Saved data entries:
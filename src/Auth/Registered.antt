-- ===== src/Auth/Registered.antt =====
-- What a registration of auth/service.py requires.
pub mod Invites
pub mod Members
use zhiniu.Prelude.{
  ℕ, ◌≤◌, Bool, true, false, not, ◌≡◌, refl, sym, subst, inl, inr, Option, none, some, List, [],
  ◌∷◌, ◌++◌, map, is_some, codes, text_eq, leb, ltb, length, arith, if◌then◌else◌, ◌==◌,
  Option-cases, find,
}
use zhiniu.AccessControl.Codes.{inv, code_hmac}
use zhiniu.AccessControl.Store.{User, RegistrationInviteRecord, RegistrationInviteBatchRecord}
use zhiniu.Auth.Store.{
  AuthDb, Request, BetaInviteRecipientRecord, Result, ok, err, email_already_registered,
  integrity_error, invalid_or_unavailable_invitation, ◌>>◌, require,
}
use zhiniu.Auth.Safe.{
  Safe, returned, Safe->>=, Safe-or_raise, Safe-require, Safe-then, Safe-map, Safe-except,
  Safe-self, Safe-eq-ok,
}
use zhiniu.Auth.Legal.{Acceptances, validate_registration_acceptances}
use zhiniu.Auth.Sessions.{
  AuthenticatedSession, normalize_email, user_by_email, create_session_record,
}
use zhiniu.Auth.Passwords.{validate_password}
use zhiniu.Auth.Registration.{
  has_capacity, usable_invite, get_recipient, check_recipient, new_user, is_onboarded,
  with_registration, finish_registration, admit_registration, register,
}

-- The checks of a registration that is admitted.
pub record IsAdmitted (rq : Request) (db : AuthDb) (email password code : List ℕ)
    (acceptances : Acceptances) (invite : RegistrationInviteRecord) : Type 0 where
  pub fine_password : validate_password password rq.settings.auth_password_min_length ≡ ok tt
  pub invite_only : text_eq rq.settings.registration_mode (codes "invite_only") ≡ true
  pub legal : validate_registration_acceptances acceptances ≡ ok tt
  pub capacity : has_capacity rq db ≡ true
  pub usable : usable_invite rq db code ≡ ok invite
  pub recipient : check_recipient rq db email (get_recipient db invite.id) ≡ ok tt

admit_registration-IsAdmitted :
    (rq : Request) (db : AuthDb) (email password code : List ℕ) (acceptances : Acceptances)
    → Safe
        (IsAdmitted rq db email password code acceptances)
        (admit_registration rq db email password code acceptances)
unfolding admit_registration
admit_registration-IsAdmitted rq db email password code acceptances =
    Safe->>= (validate_password password rq.settings.auth_password_min_length) λ _ a.
      Safe-require (text_eq rq.settings.registration_mode (codes "invite_only")) _ λ b.
        Safe->>= (validate_registration_acceptances acceptances) λ _ c.
          Safe-require (has_capacity rq db) _ λ d. Safe->>= (usable_invite rq db code) λ invite e.
            Safe->>= (check_recipient rq db email (get_recipient db invite.id)) λ _ f.
              returned (record {
                fine_password = a;
                invite_only = b;
                legal = c;
                capacity = d;
                usable = e;
                recipient = f;
              })

-- A registration that succeeds.
pub record IsRegistration (rq : Request) (db : AuthDb) (email password code : List ℕ)
    (acceptances : Acceptances) (p : AuthenticatedSession × AuthDb) : Type 0 where
  pub invite : RegistrationInviteRecord
  pub admitted : IsAdmitted rq db (normalize_email rq email) password code acceptances invite
  pub new_address : user_by_email db (normalize_email rq email) ≡ none
  pub finished :
      let user = new_user rq (normalize_email rq email) password in
      finish_registration rq
        (with_registration rq db user invite (get_recipient db invite.id) acceptances)
        user
      ≡ ok p

pub register-IsRegistration :
    (rq : Request) (db : AuthDb) (email password code : List ℕ) (acceptances : Acceptances)
    → Safe
        (IsRegistration rq db email password code acceptances)
        (register rq db email password code acceptances)
unfolding register
register-IsRegistration rq db email password code acceptances =
    let normalized = normalize_email rq email in
    let user = new_user rq normalized password in
    Safe-then (admit_registration-IsAdmitted rq db normalized password code acceptances) λ invite a.
      Safe-require (not (is_some (user_by_email db normalized))) _ λ b.
        Safe-except email_already_registered (
          Safe-require (not (is_onboarded db (get_recipient db invite.id))) _ λ c.
            Safe-map
              (Safe-self (
                finish_registration rq
                  (with_registration rq db user invite (get_recipient db invite.id) acceptances)
                  user))
              λ p d. record {
                invite = invite;
                admitted = a;
                new_address = ground (arith, b);
                finished = d;
              })
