-- ===== src/Auth/Registered/Invites.antt =====
-- An invite is used once.
use zhiniu.Prelude.{
  ℕ, false, not, ◌||◌, ◌≡◌, refl, sym, ◌∙◌, inl, inr, Option, none, some, List, is_some, arith,
  Option-cases,
}
use zhiniu.DateTime.{not_after}
use zhiniu.AccessControl.Codes.{inv, code_hmac}
use zhiniu.AccessControl.Store.{RegistrationInviteRecord, RegistrationInviteBatchRecord}
use zhiniu.Auth.Store.{
  AuthDb, AuthError, Request, BetaInviteRecipientRecord, Result-cases, ok, err,
  invalid_or_unavailable_invitation,
}
use zhiniu.Auth.Safe.{Safe, returned, Safe-or_raise, Safe-require, Safe-eq-ok}
use zhiniu.Auth.Legal.{Acceptances}
use zhiniu.Auth.Sessions.{AuthenticatedSession, normalize_email}
use zhiniu.Auth.Registration.{
  usable_invite, get_invite, get_invite_batch, get_recipient, new_user, register_recipient,
  with_registration, register,
}
use zhiniu.Auth.Service.{Operation, run_all}
use zhiniu.Auth.Kept.{IsSpent, map-IsSpent}
use zhiniu.Auth.Preserved.{Kept-refl, invite_spent}
use zhiniu.Auth.Preserved.Sequences.{run_all-Kept, finish_registration-Kept}
use zhiniu.Auth.Registered.{register-IsRegistration}

-- An invite that may be used.
pub record IsUsable (rq : Request) (db : AuthDb) (code : List ℕ) (invite : RegistrationInviteRecord)
    : Type 0 where
  pub digest : ℕ
  pub batch : RegistrationInviteBatchRecord
  pub formed : code_hmac rq.hmac code inv rq.settings.registration_invite_hmac_secret ≡ some digest
  pub found : get_invite db digest ≡ some invite
  pub of_batch : get_invite_batch db invite.batch_id ≡ some batch
  pub fresh : invite.consumed_at ≡ none
  pub unrevoked : invite.revoked_at ≡ none
  pub batch_open : batch.revoked_at ≡ none
  pub in_time : not_after invite.expires_at rq.now ≡ false
  pub batch_in_time : not_after batch.expires_at rq.now ≡ false

pub usable_invite-IsUsable :
    (rq : Request) (db : AuthDb) (code : List ℕ)
    → Safe (IsUsable rq db code) (usable_invite rq db code)
unfolding usable_invite
usable_invite-IsUsable rq db code =
    Safe-or_raise (code_hmac rq.hmac code inv rq.settings.registration_invite_hmac_secret) _
      λ digest a. Safe-or_raise (get_invite db digest) _ λ invite b.
        Safe-or_raise (get_invite_batch db invite.batch_id) _ λ batch c.
          Safe-require
            (not (
              is_some invite.consumed_at
              || is_some invite.revoked_at
              || is_some batch.revoked_at
              || not_after invite.expires_at rq.now
              || not_after batch.expires_at rq.now))
            _
            λ d. returned (record {
              digest = digest;
              batch = batch;
              formed = a;
              found = b;
              of_batch = c;
              fresh = ground (arith, d);
              unrevoked = ground (arith, d);
              batch_open = ground (arith, d);
              in_time = ground (arith, d);
              batch_in_time = ground (arith, d);
            })

spent_invite :
    (rq : Request) (db : AuthDb) (code : List ℕ) (digest : ℕ)
    → code_hmac rq.hmac code inv rq.settings.registration_invite_hmac_secret ≡ some digest
    → IsSpent (λ i. i.code_hmac) invite_spent digest db.access.invites
    → usable_invite rq db code ≡ err invalid_or_unavailable_invitation
unfolding usable_invite
spent_invite rq db code digest formed (i, found, gone) =
    elim (Option-cases (get_invite_batch db i.batch_id)) [
      | inl none_there ↦ rw (formed, found, none_there) refl
      | inr (batch, there) ↦ rw (formed, found, there) (ground (arith, gone))
    ]

register_recipient-invites :
    (rq : Request) (db : AuthDb) (recipient : Option BetaInviteRecipientRecord)
    → (register_recipient rq db recipient).access.invites ≡ db.access.invites
register_recipient-invites rq db none = refl
register_recipient-invites rq db (some r) = refl

module _ (rq : Request) (db : AuthDb) (email password code : List ℕ) (acceptances : Acceptances)
    (p : AuthenticatedSession × AuthDb)
    (h : register rq db email password code acceptances ≡ ok p) where
  consumed_invite :
      (digest : ℕ) × (code_hmac rq.hmac code inv rq.settings.registration_invite_hmac_secret
        ≡ some digest)
      × IsSpent (λ i. i.code_hmac) invite_spent digest p.1.access.invites
  unfolding with_registration
  consumed_invite =
      let r = Safe-eq-ok p (register-IsRegistration rq db email password code acceptances) h in
      let u = Safe-eq-ok r.invite (usable_invite-IsUsable rq db code) r.admitted.usable in
      let user = new_user rq (normalize_email rq email) password in
      let recipient = get_recipient db r.invite.id in
      let db' = with_registration rq db user r.invite recipient acceptances in
      let kept =
        Safe-eq-ok p (finish_registration-Kept rq db' db' user (Kept-refl db')) r.finished in
      (
        u.digest,
        u.formed,
        kept.invites u.digest (
            rw (register_recipient-invites rq _ recipient) (
              map-IsSpent (λ i. i.code_hmac) invite_spent _ db.access.invites u.digest r.invite
                (λ x. ground arith) u.found (ground arith))),
      )

  -- A code for an invite registers one user: whatever requests follow a registration with it, the
  -- invite cannot be used again, and no other registration with the code succeeds.
  pub invite_once :
      (os : List (Request × Operation)) (later : Request) (email' password' : List ℕ)
      (acceptances' : Acceptances)
      → later.hmac ≡ rq.hmac
      → later.settings.registration_invite_hmac_secret ≡ rq.settings.registration_invite_hmac_secret
      → (usable_invite later (run_all os p.1) code ≡ err invalid_or_unavailable_invitation)
        × ((e : AuthError) × (register later (run_all os p.1) email' password' code acceptances'
              ≡ err e))
  invite_once os later email' password' acceptances' same_hmac same_secret =
      let (digest, formed, spent) = consumed_invite in
      let db' = run_all os p.1 in
      let refused =
        spent_invite later db' code digest (rw (same_hmac, same_secret) formed)
          ((run_all-Kept os p.1).invites digest spent) in
      (
        refused,
        elim (Result-cases (register later db' email' password' code acceptances')) [
          | inl e ↦ e
          | inr (q, done) ↦
              let again =
                Safe-eq-ok q (register-IsRegistration later db' email' password' code acceptances')
                  done in
              absurd (ground (arith, sym refused ∙ again.admitted.usable))
        ],
      )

● **What the task asks**
All that is needed is the exact run of lines above from the line containing "pub usable : usable_invite" through the line containing "-- A registration that succeeds.", both of them included.

● **Answer**
  pub usable : usable_invite rq db code ≡ ok invite
  pub recipient : check_recipient rq db email (get_recipient db invite.id) ≡ ok tt

admit_registration-IsAdmitted :
    (rq : Request) (db : AuthDb) (email password code : List ℕ) (acceptances : Acceptances)
    → Safe
        (IsAdmitted rq db email password code acceptances)
        (admit_registration rq db email password code acceptances)
unfolding admit_registration
admit_registration-IsAdmitted rq db email password code acceptances =
    Safe->>= (validate_password password rq.settings.auth_password_min_length) λ _ a.
      Safe-require (text_eq rq.settings.registration_mode (codes "invite_only")) _ λ b.
        Safe->>= (validate_registration_acceptances acceptances) λ _ c.
          Safe-require (has_capacity rq db) _ λ d. Safe->>= (usable_invite rq db code) λ invite e.
            Safe->>= (check_recipient rq db email (get_recipient db invite.id)) λ _ f.
              returned (record {
                fine_password = a;
                invite_only = b;
                legal = c;
                capacity = d;
                usable = e;
                recipient = f;
              })

-- A registration that succeeds.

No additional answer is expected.